2008: Best of Times, Worst of Times

Looking back, 2008 was truly the best of times and the worst of times. It was a year of extremes; of the highest highs and the lowest lows.

As usual, nature defined loss on an epic scale. An earthquake in China killed 50,000 people in the spring, and a cyclone in Myanmar swept away another 75,000 lives.

Manmade tragedies such as the terrorist attack in Mumbai, India, carried their own special sting. The wars in Iraq and Afghanistan continued through another calendar year.

And in the recession-hit United States, people from Wall Street to Main Street were all suffering what William Shakespeare might have called the slings and arrows of an outrageous lost fortune.

President George W. Bush diagnosed the crisis as a hangover when he was caught on tape by a cell phone camera.

"Wall Street got drunk," he said. "It got drunk and, now, it's got a hangover."

Homes, wealth, jobs and confidence were lost. The government bailed out U.S. financial institutions to the tune of $700 billion.

This month, investor Bernard Madoff was accused of the largest fraud in U.S. history.

At least one "chairman of the board" got it right this year. Frank Sinatra wrote, "That's life ... riding high in April, shot down in May." Shot down, like former New York Gov. Eliot Spitzer, who resigned amid a prostitution scandal this year.

"In the past few days, I've begun to atone for my private failings with my wife Silda, my children and my entire family," he said in a March news conference announcing his resignation.

2008's Famous and Infamous Faces

Another politician who was one of the losers of 2008 was Illinois Gov. Rod Blagojevich, who has been accused of attempting to sell President-elect Barack Obama's vacant Senate seat.

And former senator and presidential candidate John Edwards also admitted to having an affair.

"Two years ago I made a very serious mistake, a mistake that I am responsible for and no one else," Edwards told ABC News Bob Woodruff." In 2006, I told Elizabeth about the mistake, asked her for her forgiveness, asked God for his forgiveness. And we have kept this within our family since that time."

The eternal value of private lives imploding in public spectacle is that it momentarily takes our minds off our own troubles.

We all witnessed Britney Spears' public struggles in the past few years but, in 2008, surely she gets a nod for surviving and was one of the year's winners.

"In a lot of ways, a good year for Britney Spears," People magazine editor-at-large Jess Cagle said. "She has these music videos that people have responded to.
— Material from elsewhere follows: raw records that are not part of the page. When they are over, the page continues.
-- ===== src/Base/Text.antt =====
-- Text: equality of whole texts, and membership in a list of texts.
use Prim.Native.Nat.{ℕ, zero, suc, ◌/◌, ◌%◌}
use Prim.Native.String
use Prim.Native.String.{String}
use Prim.Native.String.append.{cons, nil}
use Prim.Native.Char.{Char}
use mathlib.Core.Path.{◌≡◌, refl, sym, subst, ◌∙◌}
use native.Mathlib.Omega.{arith}
use mathlib.Core.Logic.{◌↔◌}
use mathlib.Core.Bool.{Bool, true, false, ◌&&◌}
use mathlib.Core.List.{List, [], ◌∷◌}
use text.Mathlib.Text.{◌==◌}
use text.Mathlib.TextEquality.{eq_iff}
use w1t.Base.Tests.{if◌then◌else◌, ltb}

unfoldable pub str_eq : String → String → Bool
str_eq s t = s == t

pub str_eq_iff : (s t : String) → (str_eq s t ≡ true) ↔ (s ≡ t)
unfolding str_eq
str_eq_iff s t = eq_iff s t

pub str_eq_refl : (s : String) → str_eq s s ≡ true
str_eq_refl s = (str_eq_iff s s).1 refl

-- `xs` holds `s`.
abbrev pub contains : String → List String → Bool
contains s [] = false
contains s (x ∷ xs) = if str_eq x s then true else contains s xs

-- `len(s) >= len(prefix) && s[:len(prefix)] == prefix`
unfoldable pub starts_with : String → String → Bool
unfolding str_eq
starts_with String.[] s = true
starts_with (String.◌∷◌ c p) String.[] = false
starts_with (String.◌∷◌ c p) (String.◌∷◌ d s) =
    str_eq (String.◌∷◌ c "") (String.◌∷◌ d "") && starts_with p s

abbrev nth : ℕ → List String → String
nth n [] = ""
nth zero (x ∷ xs) = x
nth (suc n) (x ∷ xs) = nth n xs

abbrev digit : ℕ → String
digit n = nth n ("0" ∷ "1" ∷ "2" ∷ "3" ∷ "4" ∷ "5" ∷ "6" ∷ "7" ∷ "8" ∷ "9" ∷ [])

-- `%d`, with as many steps as the number has digits or more.
abbrev decimal_within : ℕ → ℕ → String
decimal_within zero n = ""
decimal_within (suc fuel) n =
    let rest : String = decimal_within fuel (n / 10) in
    if ltb n 10 then digit n else String.◌++◌ rest (digit (n % 10))

unfoldable pub decimal : ℕ → String
decimal n = decimal_within (suc n) n

append_cons :
    (c : Char) (s t : String) → String.◌++◌ (String.◌∷◌ c s) t ≡ String.◌∷◌ c (String.◌++◌ s t)
append_cons c s t = λ i. cons c s t i

pub append_nil : (t : String) → String.◌++◌ "" t ≡ t
append_nil t = λ i. nil t i

-- A longer text has the same beginning.
pub starts_with-append :
    (p q s : String) → starts_with p q ≡ true → starts_with p (String.◌++◌ q s) ≡ true
unfolding starts_with
starts_with-append String.[] q s h = refl
starts_with-append (String.◌∷◌ a p) String.[] s h = absurd (ground (arith, h))
starts_with-append (String.◌∷◌ a p) (String.◌∷◌ b q) s h =
    subst (λ t. starts_with (String.◌∷◌ a p) t ≡ true) (sym (append_cons b q s))
      (both (str_eq (String.◌∷◌ a "") (String.◌∷◌ b "")) h (starts_with-append p q s))
  where
    both :
        (c : Bool)
        → c && starts_with p q ≡ true
        → (starts_with p q ≡ true → starts_with p (String.◌++◌ q s) ≡ true)
        → c && starts_with p (String.◌++◌ q s) ≡ true
    both true k f = f k
    both false k f = absurd (ground (arith, k))

cons_tail : (c : Char) (s t : String) → String.◌∷◌ c s ≡ String.◌∷◌ c t → s ≡ t
cons_tail c s t h = cc

-- Texts that are equal after the same beginning are equal.
pub append_cancel : (p s t : String) → String.◌++◌ p s ≡ String.◌++◌ p t → s ≡ t
append_cancel String.[] s t h = sym (append_nil s) ∙ h ∙ append_nil t
append_cancel (String.◌∷◌ c p) s t h =
    append_cancel p s t (cons_tail c _ _ (sym (append_cons c p s) ∙ h ∙ append_cons c p t))
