-- ===== src/Errors.antt =====
-- repo/backend/internal/dto/errors.go: the sentinel errors, how a Go error wraps them, and the
-- response that internal/handler/helpers.go makes of an error.
use w1t.Base.{ℕ, String, Bool, false, ◌==◌, if◌then◌else◌}

-- `dto.Err…`
pub data Sentinel : Type 0 where
  not_found forbidden unauthorized conflict rate_limited validation account_locked : Sentinel
  invalid_credentials attachment_too_large duplicate_order invalid_transition oversold : Sentinel

-- What the database answers when a statement fails: a unique index is violated, or anything else
-- (connection lost, time out, a foreign key, a CHECK).
pub data StoreError : Type 0 where
  duplicate_key unavailable : StoreError

-- `sentinel s m` is `fmt.Errorf("%w: m", s)`, and `s` itself where `m` is empty;
-- `wrapped c e` is `fmt.Errorf("c: %w", e)`; `plain m` is `fmt.Errorf(m)`.
pub data Error : Type 0 where
  sentinel : Sentinel → String → Error
  store : StoreError → Error
  wrapped : String → Error → Error
  plain : String → Error

abbrev tag : Sentinel → ℕ
tag not_found = 0
tag forbidden = 1
tag unauthorized = 2
tag conflict = 3
tag rate_limited = 4
tag validation = 5
tag account_locked = 6
tag invalid_credentials = 7
tag attachment_too_large = 8
tag duplicate_order = 9
tag invalid_transition = 10
tag oversold = 11

-- `errors.Is`
unfoldable pub errors_is : Error → Sentinel → Bool
errors_is (sentinel s m) t = tag s == tag t
errors_is (wrapped c e) t = errors_is e t
errors_is (store e) t = false
errors_is (plain m) t = false

-- An HTTP status with the `code` of the error body.
pub record Response : Type 0 where
  pub status : ℕ
  pub code : String

-- `mapError`
unfoldable pub map_error : Error → Response
unfolding errors_is
map_error e =
    if errors_is e not_found
    then record { status = 404; code = "ERR_NOT_FOUND" }
    else if errors_is e forbidden
    then record { status = 403; code = "ERR_FORBIDDEN" }
    else if errors_is e unauthorized
    then record { status = 401; code = "ERR_UNAUTHORIZED" }
    else if errors_is e conflict
    then record { status = 409; code = "ERR_CONFLICT" }
    else if errors_is e rate_limited
    then record { status = 429; code = "ERR_RATE_LIMITED" }
    else if errors_is e validation
    then record { status = 422; code = "ERR_VALIDATION" }
    else if errors_is e account_locked
    then record { status = 423; code = "ERR_ACCOUNT_LOCKED" }
    else if errors_is e invalid_credentials
    then record { status = 401; code = "ERR_INVALID_CREDENTIALS" }
    else if errors_is e attachment_too_large
    then record { status = 413; code = "ERR_ATTACHMENT_TOO_LARGE" }
    else if errors_is e duplicate_order
    then record { status = 409; code = "ERR_ORDER_DUPLICATE" }
    else if errors_is e invalid_transition
    then record { status = 422; code = "ERR_INVALID_TRANSITION" }
    else if errors_is e oversold
    then record { status = 409; code = "ERR_OVERSOLD" }
    else record { status = 500; code = "ERR_INTERNAL" }
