-- ===== src/Cache.antt =====
-- repo/backend/internal/cache/hot_cache.go: entries that expire, by key. The lock around each method
-- makes it one step.
use w1t.Base.{
  ℕ, ◌+◌, String, Bool, not, List, ◌∷◌, Option, none, some, ltb, str_eq, find, select, starts_with,
  if◌then◌else◌,
}

-- `entry` with its key.
pub record Entry (A : Type 0) : Type 0 where
  pub key : String
  pub value : A
  pub expires_at : ℕ

abbrev pub HotCache : Type 0 → Type 0
HotCache A = List (Entry A)

module _ {A : Type 0} where
  abbrev pub is_at : String → Entry A → Bool
  is_at key e = str_eq e.key key

  abbrev pub is_expired : ℕ → Entry A → Bool
  is_expired now e = ltb e.expires_at now

  abbrev pub value_at : ℕ → Option (Entry A) → Option A
  value_at now none = none
  value_at now (some e) = if is_expired now e then none else some e.value

  -- `Get`
  unfoldable pub get : String → ℕ → HotCache A → Option A
  get key now c = value_at now (find (is_at key) c)

  -- `Delete`
  unfoldable pub delete : String → HotCache A → HotCache A
  delete key c = select (λ e. not (is_at key e)) c

  -- `Set`
  unfoldable pub set : String → A → ℕ → ℕ → HotCache A → HotCache A
  unfolding delete
  set key value ttl now c =
      record { key = key; value = value; expires_at = now + ttl } ∷ delete key c

  -- One tick of `cleanup`
  unfoldable pub cleanup : ℕ → HotCache A → HotCache A
  cleanup now c = select (λ e. not (is_expired now e)) c

-- `DeletePrefix`
unfoldable pub delete_prefix : {A : Type 0} → String → HotCache A → HotCache A
delete_prefix prefix c = select (λ e. not (starts_with prefix e.key)) c
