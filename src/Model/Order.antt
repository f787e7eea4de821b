-- ===== src/Model/Order.antt =====
-- repo/backend/internal/model/order.go: orders, their statuses and the transition log.
use w1t.Base.{ℕ, String, Bool, true, false, List, [], ◌∷◌, Option, ◌==◌, if◌then◌else◌}

-- `OrderStatus`. `unset` is the empty string, which only a log entry holds.
pub data OrderStatus : Type 0 where
  unset pending confirmed processing completed cancelled : OrderStatus

abbrev pub status_tag : OrderStatus → ℕ
status_tag unset = 0
status_tag pending = 1
status_tag confirmed = 2
status_tag processing = 3
status_tag completed = 4
status_tag cancelled = 5

abbrev pub status_eq : OrderStatus → OrderStatus → Bool
status_eq s t = status_tag s == status_tag t

-- `AllowedTransitions`; a missing key reads as no entry.
unfoldable pub allowed_transitions : OrderStatus → List OrderStatus
allowed_transitions pending = confirmed ∷ cancelled ∷ []
allowed_transitions confirmed = processing ∷ cancelled ∷ []
allowed_transitions processing = completed ∷ []
allowed_transitions completed = []
allowed_transitions cancelled = []
allowed_transitions unset = []

-- the loop of `CanTransitionTo`
abbrev listed : OrderStatus → List OrderStatus → Bool
listed target [] = false
listed target (allowed ∷ rest) = if status_eq allowed target then true else listed target rest

unfoldable pub can_transition_to : OrderStatus → OrderStatus → Bool
unfolding allowed_transitions
can_transition_to s target = listed target (allowed_transitions s)

-- `dto.UpdateFulfillmentRequest`, which the service stores as JSON.
pub record Fulfillment : Type 0 where
  pub carrier : String
  pub tracking_number : String

-- `Order`. `fulfillment_tracking = none` is the empty object of the `COALESCE`.
pub record Order : Type 0 where
  pub id : ℕ
  pub idempotency_key : String
  pub buyer_id : ℕ
  pub collectible_id : ℕ
  pub seller_id : ℕ
  pub status : OrderStatus
  pub price_snapshot_cents : ℕ
  pub cancellation_reason : String
  pub cancelled_by : Option ℕ
  pub fulfillment_tracking : Option Fulfillment
  pub created_at : ℕ
  pub updated_at : ℕ

-- `OrderStateTransition`
pub record OrderStateTransition : Type 0 where
  pub order_id : ℕ
  pub from_status : OrderStatus
  pub to_status : OrderStatus
  pub actor_id : ℕ
  pub reason : String
  pub created_at : ℕ
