-- ===== src/Model/Collectible.antt =====
-- repo/backend/internal/model/collectible.go
use w1t.Base.{ℕ, String, Option}

-- `Collectible.Status`, one of two by a CHECK of the table.
pub data CollectibleStatus : Type 0 where
  published hidden : CollectibleStatus

pub record Collectible : Type 0 where
  pub id : ℕ
  pub seller_id : ℕ
  pub title : String
  pub description : String
  pub contract_address : String
  pub chain_id : ℕ
  pub token_id : String
  pub metadata_uri : String
  pub image_url : String
  pub price_cents : ℕ
  pub currency : String
  pub status : CollectibleStatus
  pub hidden_by : Option ℕ
  pub hidden_reason : String
  pub view_count : ℕ
  pub created_at : ℕ
  pub updated_at : ℕ

pub record CollectibleTxHistory : Type 0 where
  pub collectible_id : ℕ
  pub tx_hash : String
  pub from_address : String
  pub to_address : String
  pub block_number : ℕ
  pub timestamp : ℕ
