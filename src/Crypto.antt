-- ===== src/Crypto.antt =====
-- repo/backend/internal/crypto/aes.go: encryption with a nonce in front.
pub mod RoundTrip
mod Tests
use w1t.Base.{
  ℕ, Bool, true, false, List, [], ◌∷◌, ◌++◌, Option, none, some, length, take, drop, ltb,
  if◌then◌else◌,
}

-- `cipher.AEAD` and HMAC-SHA256, with the key of the encryptor.
pub record Aead : Type 0 where
  pub nonce_size : ℕ
  pub seal : List ℕ → List ℕ → List ℕ
  pub open_sealed : List ℕ → List ℕ → Option (List ℕ)
  pub hmac : List ℕ → List ℕ

-- `Encrypt`, of the nonce that `rand.Reader` gives, unless it fails.
unfoldable pub encrypt : Aead → Option (List ℕ) → List ℕ → Option (List ℕ)
encrypt e none plaintext = none
encrypt e (some nonce) plaintext = some (nonce ++ e.seal nonce plaintext)

-- `Decrypt`
unfoldable pub decrypt : Aead → List ℕ → Option (List ℕ)
decrypt e ciphertext =
    if ltb (length ciphertext) e.nonce_size
    then none
    else e.open_sealed (take e.nonce_size ciphertext) (drop e.nonce_size ciphertext)

-- `HMACHash`
unfoldable pub hmac_hash : Aead → List ℕ → List ℕ
hmac_hash e text = e.hmac text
She looks really good."

Vampires were also winners of the year, in books and on the big screen. The film "Twilight," based on the best-seller by Stephenie Meyer, made nearly $140 million at the box office in its first three weeks and made a star out of vampire-playing Robert Pattison.

"Why vampires? They're sexy," Cagle said. "These particular vampires that were marketed to us this year were sort of ... gentlemanly, gentle souls who weren't that threatening to teenage girls. These were good vampires."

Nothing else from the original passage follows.